What you need to do —
Every entry in the listing is to be reproduced exactly.

# # # # #

-- ===== src/Ssm/Cycles/Links.antt =====
-- packages/ssm-compiler/src/compile.ts, `findCycles`: the map of parents.
use matchline.Base.{
  ◌≡◌, refl, sym, ap, ◌∙◌, suc, true, List, [], ◌∷◌, Option, none, some, if◌then◌else◌, ◌==◌, arith,
  Text, text_eq, text_beq_iff, Map, get, get-put, get-none_of_has, has, keys, length, IsDistinct,
  includes, All, subst,
}
use matchline.Domain.Snapshot.{ResolvedAssetNode}
use matchline.Ssm.Cycles.{link, links_from, search_all, find_cycles}
use matchline.Ssm.Cycles.Roots.{ReachesRoot, IsCutOf, IsCycle, IsBroken}
use matchline.Ssm.Cycles.Found.{search_all-reaches, search_all-cycles}

abbrev pub parent_of_node : Option ResolvedAssetNode → Option Text
parent_of_node none = none
parent_of_node (some node) = node.parent.parent_asset_id

-- The structural parent that the nodes give an asset.
abbrev pub parent_at : Map Text ResolvedAssetNode → Text → Option Text
parent_at nodes x = parent_of_node (get nodes x)

abbrev within : Map Text ResolvedAssetNode → Option Text → Option Text
within nodes none = none
within nodes (some parent_id) = if has nodes parent_id then some parent_id else none

abbrev or_parent : Option Text → Option Text → Option Text
or_parent none o = o
or_parent (some p) o = some p

link-get :
    (nodes : Map Text ResolvedAssetNode) (m : Map Text Text) (i : Text) (o : Option Text) (x : Text)
    → get (link nodes m i o) x ≡ (if i == x then or_parent (within nodes o) (get m x) else get m x)
link-get nodes m i none x = ground arith
link-get nodes m i (some p) x = ground (arith, get-put m i x p)

links_from-get :
    (nodes rest : Map Text ResolvedAssetNode) (m : Map Text Text) (x : Text)
    → IsDistinct (keys rest)
    → get (links_from nodes rest m) x ≡ or_parent (within nodes (parent_at rest x)) (get m x)
unfolding links_from
links_from-get nodes [] m x d = refl
links_from-get nodes ((i, node) ∷ rest) m x (new, d) =
    links_from-get nodes rest (link nodes m i node.parent.parent_asset_id) x d
    ∙ rw (link-get nodes m i node.parent.parent_asset_id x)
        (ground (arith, text_beq_iff i x, get-none_of_has rest i))

-- The asset's parent, if it lies in the compile.
pub links-get :
    (nodes : Map Text ResolvedAssetNode) (x : Text)
    → IsDistinct (keys nodes)
    → get (links_from nodes nodes []) x ≡ within nodes (parent_at nodes x)
links-get nodes x d = links_from-get nodes nodes [] x d ∙ ground arith

-- All parents lie in the compile.
abbrev pub IsClosed : Map Text ResolvedAssetNode → Type 0
IsClosed nodes = (x p : Text) → parent_at nodes x ≡ some p → has nodes p ≡ true

within-closed :
    (nodes : Map Text ResolvedAssetNode) (o : Option Text)
    → ((p : Text) → o ≡ some p → has nodes p ≡ true)
    → within nodes o ≡ o
within-closed nodes none h = refl
within-closed nodes (some p) h = rw (h p refl) refl

within-has :
    (nodes : Map Text ResolvedAssetNode) (o : Option Text) (p : Text)
    → within nodes o ≡ some p
    → has nodes p ≡ true
within-has nodes none p e = cc
within-has nodes (some q) p e = ground arith

length-keys : (nodes : Map Text ResolvedAssetNode) → length (keys nodes) ≡ length nodes
length-keys [] = refl
length-keys ((i, node) ∷ nodes) = ap suc (length-keys nodes)

module _ (nodes : Map Text ResolvedAssetNode) (distinct : IsDistinct (keys nodes)) where
  abbrev parent_of : Map Text Text
  parent_of = links_from nodes nodes []

  inside : (x y : Text) → get parent_of x ≡ some y → includes (keys nodes) y ≡ true
  inside x y e = within-has nodes (parent_at nodes x) y (sym (links-get nodes x distinct) ∙ e)

  pub has_of_link : (x y : Text) → get parent_of x ≡ some y → has nodes x ≡ true
  has_of_link x y e = ground (arith, links-get nodes x distinct, get-none_of_has nodes x)

  pub links-closed : IsClosed nodes → (x : Text) → get parent_of x ≡ parent_at nodes x
  links-closed c x = links-get nodes x distinct ∙ within-closed nodes (parent_at nodes x) (c x)

  -- Once some member of each found cycle has lost its parent, every asset that the search started
  -- from reaches a root, if the other parents are the old ones or none.
  pub find_cycles-reaches :
      (ids : List Text) (up : Text → Option Text)
      → All (λ i. has nodes i ≡ true) ids
      → IsCutOf up (get parent_of)
      → All (IsBroken up) (find_cycles nodes ids)
      → All (ReachesRoot up) ids
  unfolding find_cycles
  find_cycles-reaches ids up known cut broken =
      search_all-reaches parent_of (keys nodes) inside up cut (record { settled = []; cycles = [] })
        ids (λ x i. cc) known (rw (length-keys nodes) broken)

  pub find_cycles-cycles :
      (ids : List Text)
      → All (λ i. has nodes i ≡ true) ids
      → All (IsCycle parent_of) (find_cycles nodes ids)
  unfolding find_cycles
  find_cycles-cycles ids known =
      subst
        (λ n.
          All (IsCycle parent_of)
            (search_all (suc n) parent_of (record { settled = []; cycles = [] }) ids).cycles)
        (length-keys nodes)
        (search_all-cycles parent_of (keys nodes) inside (record { settled = []; cycles = [] }) ids
          known tt)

# # # # #

Solution —
-- ===== src/Ssm/Cycles/Links.antt =====
-- packages/ssm-compiler/src/compile.ts, `findCycles`: the map of parents.
use matchline.Base.{
  ◌≡◌, refl, sym, ap, ◌∙◌, suc, true, List, [], ◌∷◌, Option, none, some, if◌then◌else◌, ◌==◌, arith,
  Text, text_eq, text_beq_iff, Map, get, get-put, get-none_of_has, has, keys, length, IsDistinct,
  includes, All, subst,
}
use matchline.Domain.Snapshot.{ResolvedAssetNode}
use matchline.Ssm.Cycles.{link, links_from, search_all, find_cycles}
use matchline.Ssm.Cycles.Roots.{ReachesRoot, IsCutOf, IsCycle, IsBroken}
use matchline.Ssm.Cycles.Found.{search_all-reaches, search_all-cycles}

abbrev pub parent_of_node : Option ResolvedAssetNode → Option Text
parent_of_node none = none
parent_of_node (some node) = node.parent.parent_asset_id

-- The structural parent that the nodes give an asset.
abbrev pub parent_at : Map Text ResolvedAssetNode → Text → Option Text
parent_at nodes x = parent_of_node (get nodes x)

abbrev within : Map Text ResolvedAssetNode → Option Text → Option Text
within nodes none = none
within nodes (some parent_id) = if has nodes parent_id then some parent_id else none

abbrev or_parent : Option Text → Option Text → Option Text
or_parent none o = o
or_parent (some p) o = some p

link-get :
    (nodes : Map Text ResolvedAssetNode) (m : Map Text Text) (i : Text) (o : Option Text) (x : Text)
    → get (link nodes m i o) x ≡ (if i == x then or_parent (within nodes o) (get m x) else get m x)
link-get nodes m i none x = ground arith
link-get nodes m i (some p) x = ground (arith, get-put m i x p)

links_from-get :
    (nodes rest : Map Text ResolvedAssetNode) (m : Map Text Text) (x : Text)
    → IsDistinct (keys rest)
    → get (links_from nodes rest m) x ≡ or_parent (within nodes (parent_at rest x)) (get m x)
unfolding links_from
links_from-get nodes [] m x d = refl
links_from-get nodes ((i, node) ∷ rest) m x (new, d) =
    links_from-get nodes rest (link nodes m i node.parent.parent_asset_id) x d
    ∙ rw (link-get nodes m i node.parent.parent_asset_id x)
        (ground (arith, text_beq_iff i x, get-none_of_has rest i))

-- The asset's parent, if it lies in the compile.
pub links-get :
    (nodes : Map Text ResolvedAssetNode) (x : Text)
    → IsDistinct (keys nodes)
    → get (links_from nodes nodes []) x ≡ within nodes (parent_at nodes x)
links-get nodes x d = links_from-get nodes nodes [] x d ∙ ground arith

-- All parents lie in the compile.
abbrev pub IsClosed : Map Text ResolvedAssetNode → Type 0
IsClosed nodes = (x p : Text) → parent_at nodes x ≡ some p → has nodes p ≡ true

within-closed :
    (nodes : Map Text ResolvedAssetNode) (o : Option Text)
    → ((p : Text) → o ≡ some p → has nodes p ≡ true)
    → within nodes o ≡ o
within-closed nodes none h = refl
within-closed nodes (some p) h = rw (h p refl) refl

within-has :
    (nodes : Map Text ResolvedAssetNode) (o : Option Text) (p : Text)
    → within nodes o ≡ some p
    → has nodes p ≡ true
within-has nodes none p e = cc
within-has nodes (some q) p e = ground arith

length-keys : (nodes : Map Text ResolvedAssetNode) → length (keys nodes) ≡ length nodes
length-keys [] = refl
length-keys ((i, node) ∷ nodes) = ap suc (length-keys nodes)

module _ (nodes : Map Text ResolvedAssetNode) (distinct : IsDistinct (keys nodes)) where
  abbrev parent_of : Map Text Text
  parent_of = links_from nodes nodes []

  inside : (x y : Text) → get parent_of x ≡ some y → includes (keys nodes) y ≡ true
  inside x y e = within-has nodes (parent_at nodes x) y (sym (links-get nodes x distinct) ∙ e)

  pub has_of_link : (x y : Text) → get parent_of x ≡ some y → has nodes x ≡ true
  has_of_link x y e = ground (arith, links-get nodes x distinct, get-none_of_has nodes x)

  pub links-closed : IsClosed nodes → (x : Text) → get parent_of x ≡ parent_at nodes x
  links-closed c x = links-get nodes x distinct ∙ within-closed nodes (parent_at nodes x) (c x)

  -- Once some member of each found cycle has lost its parent, every asset that the search started
  -- from reaches a root, if the other parents are the old ones or none.
  pub find_cycles-reaches :
      (ids : List Text) (up : Text → Option Text)
      → All (λ i. has nodes i ≡ true) ids
      → IsCutOf up (get parent_of)
      → All (IsBroken up) (find_cycles nodes ids)
      → All (ReachesRoot up) ids
  unfolding find_cycles
  find_cycles-reaches ids up known cut broken =
      search_all-reaches parent_of (keys nodes) inside up cut (record { settled = []; cycles = [] })
        ids (λ x i. cc) known (rw (length-keys nodes) broken)

  pub find_cycles-cycles :
      (ids : List Text)
      → All (λ i. has nodes i ≡ true) ids
      → All (IsCycle parent_of) (find_cycles nodes ids)
  unfolding find_cycles
  find_cycles-cycles ids known =
      subst
        (λ n.
          All (IsCycle parent_of)
            (search_all (suc n) parent_of (record { settled = []; cycles = [] }) ids).cycles)
        (length-keys nodes)
        (search_all-cycles parent_of (keys nodes) inside (record { settled = []; cycles = [] }) ids
          known tt)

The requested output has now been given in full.